Персонажами Пелевина легко становятся и Шамиль Басаев, и Борис Березовский , и целая  новообразованная формация россиян, носящая  говорящее название «новых русских» ( в «Чапаеве и Пустоте» растерянные  «братки», сложившие головы на «разборке», попадают в викинговскую Валгаллу), надоевшие герои рекламных роликов  и «мыльных опер».

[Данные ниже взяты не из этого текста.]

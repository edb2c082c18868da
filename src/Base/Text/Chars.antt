-- ===== src/Base/Text/Chars.antt =====
-- Characters from numbers, and ASCII case mapping.
use Prim.Native.Nat.{ℕ, ◌+◌, Ordering, compare}
use Prim.Native.Char.{Char, char, code, IsLt}
use Prim.Native.String
use mathlib.Core.Path.{◌≡◌, refl, ap₂}
use mathlib.Core.Bool.{Bool}
use native.Mathlib.Omega.{arith}
use mathlib.Core.Option.{Option, none, some}
use text.Mathlib.Text.{◌==◌ as text_eq}
use rigos.Base.Tests.{within, if◌then◌else◌}

-- The same clauses as in the definition of `IsScalar`.
abbrev Both : Ordering → Ordering → Type 0
Both Ordering.lt o = IsLt o
Both Ordering.eq _ = ⊥
Both Ordering.gt _ = ⊥

abbrev Scalar : Ordering → Ordering → Ordering → Type 0
Scalar Ordering.lt _ _ = Unit
Scalar Ordering.eq o p = Both o p
Scalar Ordering.gt o p = Both o p

dec_lt : (o : Ordering) → Dec (IsLt o)
dec_lt Ordering.lt = yes tt
dec_lt Ordering.eq = no (λ h. h)
dec_lt Ordering.gt = no (λ h. h)

dec_both : (o p : Ordering) → Dec (Both o p)
dec_both Ordering.lt p = dec_lt p
dec_both Ordering.eq p = no (λ h. h)
dec_both Ordering.gt p = no (λ h. h)

dec_scalar : (o p q : Ordering) → Dec (Scalar o p q)
dec_scalar Ordering.lt p q = yes tt
dec_scalar Ordering.eq p q = dec_both p q
dec_scalar Ordering.gt p q = dec_both p q

-- `char::from_u32`.
unfoldable pub from_u32 : ℕ → Option Char
unfolding dec_scalar dec_both dec_lt
from_u32 n = elim (dec_scalar (compare n 55296) (compare 57343 n) (compare n 1114112)) [
  | yes h ↦ some (char n h)
  | no _ ↦ none
]

abbrev or_self : Char → Option Char → Char
or_self c none = c
or_self c (some d) = d

-- `char::to_ascii_lowercase`.
unfoldable pub to_ascii_lowercase_char : Char → Char
unfolding from_u32
to_ascii_lowercase_char c =
    if within b'A' b'Z' (code c) then or_self c (from_u32 (code c + 32)) else c

unfoldable pub to_ascii_lowercase : String.String → String.String
unfolding to_ascii_lowercase_char
to_ascii_lowercase String.[] = String.[]
to_ascii_lowercase (String.◌∷◌ c s) = String.◌∷◌ (to_ascii_lowercase_char c) (to_ascii_lowercase s)

-- `a.eq_ignore_ascii_case(b)`.
unfoldable pub eq_ignore_ascii_case : String.String → String.String → Bool
unfolding to_ascii_lowercase
eq_ignore_ascii_case a b = text_eq (to_ascii_lowercase a) (to_ascii_lowercase b)

lowered_pool : to_ascii_lowercase "Pool.É-Z[" ≡ "pool.É-z["
unfolding to_ascii_lowercase
lowered_pool = refl

-- The code of a lowered character.
pub code-to_ascii_lowercase_char :
    (c : Char)
    → code (to_ascii_lowercase_char c) ≡ (if within b'A' b'Z' (code c) then code c + 32 else code c)
unfolding to_ascii_lowercase_char
code-to_ascii_lowercase_char (char n h) = ground arith

pub to_ascii_lowercase_char_idem :
    (c : Char) → to_ascii_lowercase_char (to_ascii_lowercase_char c) ≡ to_ascii_lowercase_char c
unfolding to_ascii_lowercase_char
to_ascii_lowercase_char_idem c = ground (arith, code-to_ascii_lowercase_char c)

-- Lowering twice is lowering once.
pub to_ascii_lowercase_idem :
    (s : String.String) → to_ascii_lowercase (to_ascii_lowercase s) ≡ to_ascii_lowercase s
unfolding to_ascii_lowercase
to_ascii_lowercase_idem String.[] = refl
to_ascii_lowercase_idem (String.◌∷◌ c s) =
    ap₂ String.◌∷◌ (to_ascii_lowercase_char_idem c) (to_ascii_lowercase_idem s)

«Людей, надувающих щеки, мы все втайне ненавидим, а  Пелевин остроумно и решительно низводит их с пьедесталов. Неважно, кто эти высокомерные существа, знающие  что-то, чего не знаем мы: буддисты ли это, наркоманы, политики, модные литераторы или «новые русские». В мире Пелевина всему их апломбу цена копейка: замечателен  в его новой книге портрет  «кислотного» журналиста. Снобы -- любимые  герои Пелевина: он их раздевает  с нескрываемым наслаждением. Он вообще договаривает до конца все, о чем  думаем мы, и у него хватает цинизма  додумывать наши повседневные коллизии до гротеска. Только он мог написать (и напечатать в «Огоньке») «Папахи  на башнях», где захват Кремля чеченцами  оборачивается тотальным хэппенингом  и гулянкой с очередной фекальной  инсталляцией художника Бренного: вся  попса съехалась в заложники, делает себе имидж и на чеченцев не обращает внимания. Вспомним, как  хоронят американскую поп-звезду в  «Желтой стреле»: труп выбрасывают  из окна поезда (в котором все  мы едем), он прикован к плите с  рекламой кока-колы, а вместо цветов вслед певице летят презервативы... Пелевин не боится посягать на сакральное, кратко и изящно формулирует, и при  чтении его прозы всякий читатель испытывает драгоценное облегчение: наконец кто-то сделал то, что так  давно хотелось -- нам!

Именно Пелевину принадлежит счастливое открытие: как  бульдозер снимает плодородный  слой и проваливается в яму, так  и XX век в своем богоборчестве  проваливается в древние языческие  культы, которые просматриваются  и в пионерских отрядных обрядах, и в развлечениях «новых русских». Остроумно обнаруживая оккультную подкладку во всех наших действиях  и представлениях, Пелевин свободно странствует по всей мировой культуре, во всех стихиях обнаруживая одно и то же. Это тоже утешительно, ибо  наглядно демонстрирует, до какой степени  мы не первые и не последние. Тут, впрочем, особенного разнообразия приемов не наблюдается: Москва предстает в  виде танка с Останкинской телебашней вместо антенны, Вавилонская башня  отождествляется с водонапорной, реалии Древнего Рима и Хаммурапии ничем не отличаются от современных  китайских или российских» (цитата из подборки в «Огоньке» рецензий на произведения Пелевина).